*Record extracts:*
• • • • •

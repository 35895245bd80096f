-- ===== src/Mm/Vma/Overlap.antt =====
-- Whether a range meets the areas, and the flags of an address: the view of the tree that
-- `insert_area` is specified by.
use old_boruixkernel.Common.{
  ℕ, ◌≤◌, ◌<◌, ◌≡◌, refl, Bool, true, false, Option, none, some, List, [], ◌∷◌, ◌++◌, arith, All,
  if◌then◌else◌, ltb, ◌&&◌, ◌||◌, Bool-cases, All-imp, inl, inr,
}
use old_boruixkernel.Mm.Vma.Area.{MemoryArea, contains, contains_bounds}
use old_boruixkernel.Mm.Vma.Containing.{scan, scan_past}

-- The range from `s` to `e` meets one of the areas.
unfoldable pub overlaps : ℕ → ℕ → List MemoryArea → Bool
overlaps s e [] = false
overlaps s e (b ∷ xs) = (ltb b.start e && ltb s b.end) || overlaps s e xs

pub overlaps_hit :
    (s e : ℕ) (ls : List MemoryArea) (a : MemoryArea) (rs : List MemoryArea)
    → a.start < e
    → s < a.end
    → overlaps s e (ls ++ (a ∷ rs)) ≡ true
unfolding overlaps
overlaps_hit s e [] a rs h g = ground arith
overlaps_hit s e (x ∷ ls) a rs h g = ground (arith, overlaps_hit s e ls a rs h g)

pub overlaps_past :
    (s e : ℕ) (ls rs : List MemoryArea)
    → All (λ b. b.end ≤ s) ls
    → overlaps s e (ls ++ rs) ≡ overlaps s e rs
unfolding overlaps
overlaps_past s e [] rs h = refl
overlaps_past s e (x ∷ ls) rs h = ground (arith, overlaps_past s e ls rs h.1)

pub overlaps_clear :
    (s e : ℕ) (xs : List MemoryArea) → All (λ b. e ≤ b.start) xs → overlaps s e xs ≡ false
unfolding overlaps
overlaps_clear s e [] h = refl
overlaps_clear s e (x ∷ xs) h = ground (arith, overlaps_clear s e xs h.1)

-- The start of the range does not matter to the areas that end after both starts.
pub overlaps_start :
    (s s' e : ℕ) (xs : List MemoryArea)
    → All (λ b. (s < b.end) × (s' < b.end)) xs
    → overlaps s e xs ≡ overlaps s' e xs
unfolding overlaps
overlaps_start s s' e [] h = refl
overlaps_start s s' e (x ∷ xs) h = ground (arith, overlaps_start s s' e xs h.1)

-- The flags under which an address is mapped.
abbrev pub flags_of : Option MemoryArea → Option ℕ
flags_of none = none
flags_of (some a) = some a.flags

unfoldable pub flags_at : ℕ → List MemoryArea → Option ℕ
flags_at addr xs = flags_of (scan addr xs)

-- The same, where an area lies over the others.
unfoldable pub cover : ℕ → MemoryArea → List MemoryArea → Option ℕ
cover addr a xs = if contains a addr then some a.flags else flags_at addr xs

scan_skip :
    (addr : ℕ) (ls : List MemoryArea) (a : MemoryArea) (rs : List MemoryArea)
    → contains a addr ≡ false
    → scan addr (ls ++ (a ∷ rs)) ≡ scan addr (ls ++ rs)
unfolding scan
scan_skip addr [] a rs e = rw e
scan_skip addr (x ∷ ls) a rs e = ground (arith, scan_skip addr ls a rs e)

pub scan_hit :
    (addr : ℕ) (ls : List MemoryArea) (a : MemoryArea) (rs : List MemoryArea)
    → All (λ b. b.end ≤ addr) ls
    → contains a addr ≡ true
    → scan addr (ls ++ (a ∷ rs)) ≡ some a
unfolding scan
scan_hit addr ls a rs h e = rw (scan_past addr ls (a ∷ rs) h, e)

-- An area among the others covers its addresses, if those before it end in time.
pub flags_at-cover :
    (addr : ℕ) (ls : List MemoryArea) (a : MemoryArea) (rs : List MemoryArea)
    → All (λ b. b.end ≤ a.start) ls
    → flags_at addr (ls ++ (a ∷ rs)) ≡ cover addr a (ls ++ rs)
unfolding flags_at cover
flags_at-cover addr ls a rs h = elim (Bool-cases (contains a addr)) [
  | inl e ↦
      let start = (contains_bounds a addr e).0 in
      let past = All-imp (λ b. b.end ≤ a.start) (λ b. b.end ≤ addr) (λ b w. omega arith) ls h in
      rw (scan_hit addr ls a rs past e, e) refl
  | inr e ↦ rw (scan_skip addr ls a rs e, e) refl
]

-- Two neighbours of the same flags map the same addresses as the area that they make up.
module _ (addr : ℕ) (ls : List MemoryArea) (a : MemoryArea) (rs : List MemoryArea)
    (area whole : MemoryArea) (h : All (λ b. b.end ≤ a.start) ls) (f : a.flags ≡ area.flags)
    (g : whole.flags ≡ area.flags) where
  pub cover_joined :
      contains whole addr ≡ contains area addr || contains a addr
      → cover addr area (ls ++ (a ∷ rs)) ≡ cover addr whole (ls ++ rs)
  unfolding cover flags_at
  cover_joined e = elim (Bool-cases (contains area addr)) [
    | inl y ↦ ground arith
    | inr n ↦ elim (Bool-cases (contains a addr)) [
      | inl y ↦
          let start = (contains_bounds a addr y).0 in
          let past = All-imp (λ b. b.end ≤ a.start) (λ b. b.end ≤ addr) (λ b w. omega arith) ls h in
          ground (arith, scan_hit addr ls a rs past y)
      | inr m ↦ ground (arith, scan_skip addr ls a rs m)
    ]
  ]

• • • • •

*Exercise objective:* From the entries above, give again exactly the lines running from the line with "unfoldable pub flags_at" to the line with "addr ≡ true"; include both of those lines.

*Response to the task:*
unfoldable pub flags_at : ℕ → List MemoryArea → Option ℕ
flags_at addr xs = flags_of (scan addr xs)

-- The same, where an area lies over the others.
unfoldable pub cover : ℕ → MemoryArea → List MemoryArea → Option ℕ
cover addr a xs = if contains a addr then some a.flags else flags_at addr xs

scan_skip :
    (addr : ℕ) (ls : List MemoryArea) (a : MemoryArea) (rs : List MemoryArea)
    → contains a addr ≡ false
    → scan addr (ls ++ (a ∷ rs)) ≡ scan addr (ls ++ rs)
unfolding scan
scan_skip addr [] a rs e = rw e
scan_skip addr (x ∷ ls) a rs e = ground (arith, scan_skip addr ls a rs e)

pub scan_hit :
    (addr : ℕ) (ls : List MemoryArea) (a : MemoryArea) (rs : List MemoryArea)
    → All (λ b. b.end ≤ addr) ls
    → contains a addr ≡ true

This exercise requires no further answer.